-- ===== src/ByteArray/RoundTrip.antt =====
-- src/bytearray.cpp: numbers and strings that were written are read back, in the order of writing.
pub mod Back
use native.Mathlib.Nat.{mod-eq_of_lt}
use tigerkin.Prelude.{
  ℕ, zero, suc, ◌+◌, ◌*◌, ◌%◌, ◌^◌, ◌≤◌, ◌<◌, ◌≡◌, refl, sym, ap, subst, ◌∙◌, Bool, List, [], ◌∷◌,
  ◌++◌, reverse, arith, ◌==◌, if◌then◌else◌, length, length-append, All,
}
use tigerkin.Prelude.Bytes.{ℤ, to_word, of_word, IsInt, of_word-to_word, to_word-lt, of_bytes}
use tigerkin.ByteArray.{
  ByteArray, Outcome, returns, throws, faults, stuck, Action, ◌>>=◌, ◌>>◌, create, set_endian,
  set_offset, write, read,
}
use tigerkin.ByteArray.Invariant.{IsValid, create-IsValid}
use tigerkin.ByteArray.Ints.{
  image, value, ordered, byteswap, write_uint, read_uint, write_uint8, write_uint16, write_uint32,
  write_uint64, write_int8, write_int16, write_int32, write_int64, write_float, write_double,
  read_uint8, read_uint16, read_uint32, read_uint64, read_int8, read_int16, read_int32, read_int64,
  read_float, read_double,
}
use tigerkin.ByteArray.Strings.{
  write_string16, write_string32, write_string64, write_string_vint, read_string16, read_string32,
  read_string64, read_string_vint,
}
use tigerkin.ByteArray.Wire.{length-image, value-image, ordered-lt, ordered-ordered}
use tigerkin.ByteArray.Sequence.{
  Appends, Appending, write-Appending, Appending->>, Appends-trans, Holds, read-Holds, rewind-Holds,
}

-- What can be written, by the function that writes it.
pub data Item : Type 0 where
  uint8 uint16 uint32 uint64 : ℕ → Item
  int8 int16 int32 int64 : ℤ → Item
  float double : ℕ → Item
  string16 string32 string64 string_vint : List ℕ → Item

-- The number fits its type, a float is given by its bits, and a string is shorter than its prefix
-- can say and not empty.
abbrev pub InRange : Item → Type 0
InRange (uint8 v) = v < 256
InRange (uint16 v) = v < 256 ^ 2
InRange (uint32 v) = v < 256 ^ 4
InRange (uint64 v) = v < 256 ^ 8
InRange (int8 z) = IsInt 8 z
InRange (int16 z) = IsInt 16 z
InRange (int32 z) = IsInt 32 z
InRange (int64 z) = IsInt 64 z
InRange (float v) = v < 256 ^ 4
InRange (double v) = v < 256 ^ 8
InRange (string16 s) = (0 < length s) × (length s < 256 ^ 2)
InRange (string32 s) = (0 < length s) × (length s < 256 ^ 4)
InRange (string64 s) = (0 < length s) × (length s < 256 ^ 8)
InRange (string_vint s) = (0 < length s) × (length s < 256 ^ 8)

module _ (host : ℕ) where
  pub write_item : Item → Action (Unit {0})
  write_item (uint8 v) = write_uint8 host v
  write_item (uint16 v) = write_uint16 host v
  write_item (uint32 v) = write_uint32 host v
  write_item (uint64 v) = write_uint64 host v
  write_item (int8 z) = write_int8 host z
  write_item (int16 z) = write_int16 host z
  write_item (int32 z) = write_int32 host z
  write_item (int64 z) = write_int64 host z
  write_item (float v) = write_float host v
  write_item (double v) = write_double host v
  write_item (string16 s) = write_string16 host s
  write_item (string32 s) = write_string32 host s
  write_item (string64 s) = write_string64 host s
  write_item (string_vint s) = write_string_vint host s

  -- The read function that belongs to the write function of an item.
  pub read_like : Item → Action Item
  read_like (uint8 _) = do v ← read_uint8 host; returns (uint8 v)
  read_like (uint16 _) = do v ← read_uint16 host; returns (uint16 v)
  read_like (uint32 _) = do v ← read_uint32 host; returns (uint32 v)
  read_like (uint64 _) = do v ← read_uint64 host; returns (uint64 v)
  read_like (int8 _) = do z ← read_int8 host; returns (int8 z)
  read_like (int16 _) = do z ← read_int16 host; returns (int16 z)
  read_like (int32 _) = do z ← read_int32 host; returns (int32 z)
  read_like (int64 _) = do z ← read_int64 host; returns (int64 z)
  read_like (float _) = do v ← read_float host; returns (float v)
  read_like (double _) = do v ← read_double host; returns (double v)
  read_like (string16 _) = do s ← read_string16 host; returns (string16 s)
  read_like (string32 _) = do s ← read_string32 host; returns (string32 s)
  read_like (string64 _) = do s ← read_string64 host; returns (string64 s)
  read_like (string_vint _) = do s ← read_string_vint host; returns (string_vint s)

  pub write_items : List Item → Action (Unit {0})
  unfolding write_item
  write_items [] = returns tt
  write_items (i ∷ is) = write_item i >> write_items is

  -- Reads as many items as the list has, each of the kind that stands there.
  pub read_items : List Item → Action (List Item)
  unfolding read_like
  read_items [] = returns []
  read_items (i ∷ is) = do j ← read_like i; js ← read_items is; returns (j ∷ js)

  -- The bytes of a number in an array whose byte order is `e`.
  abbrev word : ℕ → ℕ → ℕ → List ℕ
  word e k v = image host k (if e == host then v else byteswap k v)

  abbrev wire : ℕ → Item → List ℕ
  wire e (uint8 v) = v ∷ []
  wire e (uint16 v) = word e 2 v
  wire e (uint32 v) = word e 4 v
  wire e (uint64 v) = word e 8 v
  wire e (int8 z) = to_word 8 z ∷ []
  wire e (int16 z) = word e 2 (to_word 16 z)
  wire e (int32 z) = word e 4 (to_word 32 z)
  wire e (int64 z) = word e 8 (to_word 64 z)
  wire e (float v) = word e 4 v
  wire e (double v) = word e 8 v
  wire e (string16 s) = word e 2 (length s) ++ s
  wire e (string32 s) = word e 4 (length s) ++ s
  wire e (string64 s) = word e 8 (length s) ++ s
  wire e (string_vint s) = word e 8 (length s) ++ s

  -- The bytes that the items take in the array.
  abbrev pub wires : ℕ → List Item → List ℕ
  wires e [] = []
  wires e (i ∷ is) = wire e i ++ wires e is

  string-Appending :
      (k v : ℕ) (s : List ℕ) (b : ByteArray)
      → IsValid b
      → v ≡ length s
      → b.size + length (word b.endian k (length s) ++ s) < 2 ^ 64
      → Appending b (word b.endian k (length s) ++ s) ((write_uint host k v >> write s) b)
  unfolding write_uint ordered
  string-Appending k v s b w e fits =
      let len = length-append (word b.endian k (length s)) s in
      rw e (
        Appending->> (write_uint host k (length s)) (write s) (word b.endian k (length s)) s b
          (write-Appending (word b.endian k (length s)) b w (omega (arith, len)))
          (λ c a. write-Appending s c a.valid (omega (arith, len, a.size_eq))))

  pub write_item-Appending :
      (i : Item) (b : ByteArray)
      → IsValid b
      → InRange i
      → b.size + length (wire b.endian i) < 2 ^ 64
      → Appending b (wire b.endian i) (write_item i b)
  unfolding write_item write_uint8 write_uint16 write_uint32 write_uint64 write_int8 write_int16
      write_int32 write_int64 write_float write_double write_string16 write_string32 write_string64
      write_string_vint write_uint ordered
  write_item-Appending (uint8 v) b w r fits = write-Appending _ b w fits
  write_item-Appending (uint16 v) b w r fits = write-Appending _ b w fits
  write_item-Appending (uint32 v) b w r fits = write-Appending _ b w fits
  write_item-Appending (uint64 v) b w r fits = write-Appending _ b w fits
  write_item-Appending (int8 z) b w r fits = write-Appending _ b w fits
  write_item-Appending (int16 z) b w r fits = write-Appending _ b w fits
  write_item-Appending (int32 z) b w r fits = write-Appending _ b w fits
  write_item-Appending (int64 z) b w r fits = write-Appending _ b w fits
  write_item-Appending (float v) b w r fits = write-Appending _ b w fits
  write_item-Appending (double v) b w r fits = write-Appending _ b w fits
  write_item-Appending (string16 s) b w r fits =
      string-Appending 2 (length s % 2 ^ 16) s b w (mod-eq_of_lt r.1) fits
  write_item-Appending (string32 s) b w r fits =
      string-Appending 4 (length s % 2 ^ 32) s b w (mod-eq_of_lt r.1) fits
  write_item-Appending (string64 s) b w r fits =
      string-Appending 8 (length s % 2 ^ 64) s b w (mod-eq_of_lt r.1) fits
  write_item-Appending (string_vint s) b w r fits =
      string-Appending 8 (length s % 2 ^ 64) s b w (mod-eq_of_lt r.1) fits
....
• **EXERCISE BRIEF**
All that is needed is how many lines of the data contain "arith", stated as a number.

• **THE ANSWER**
3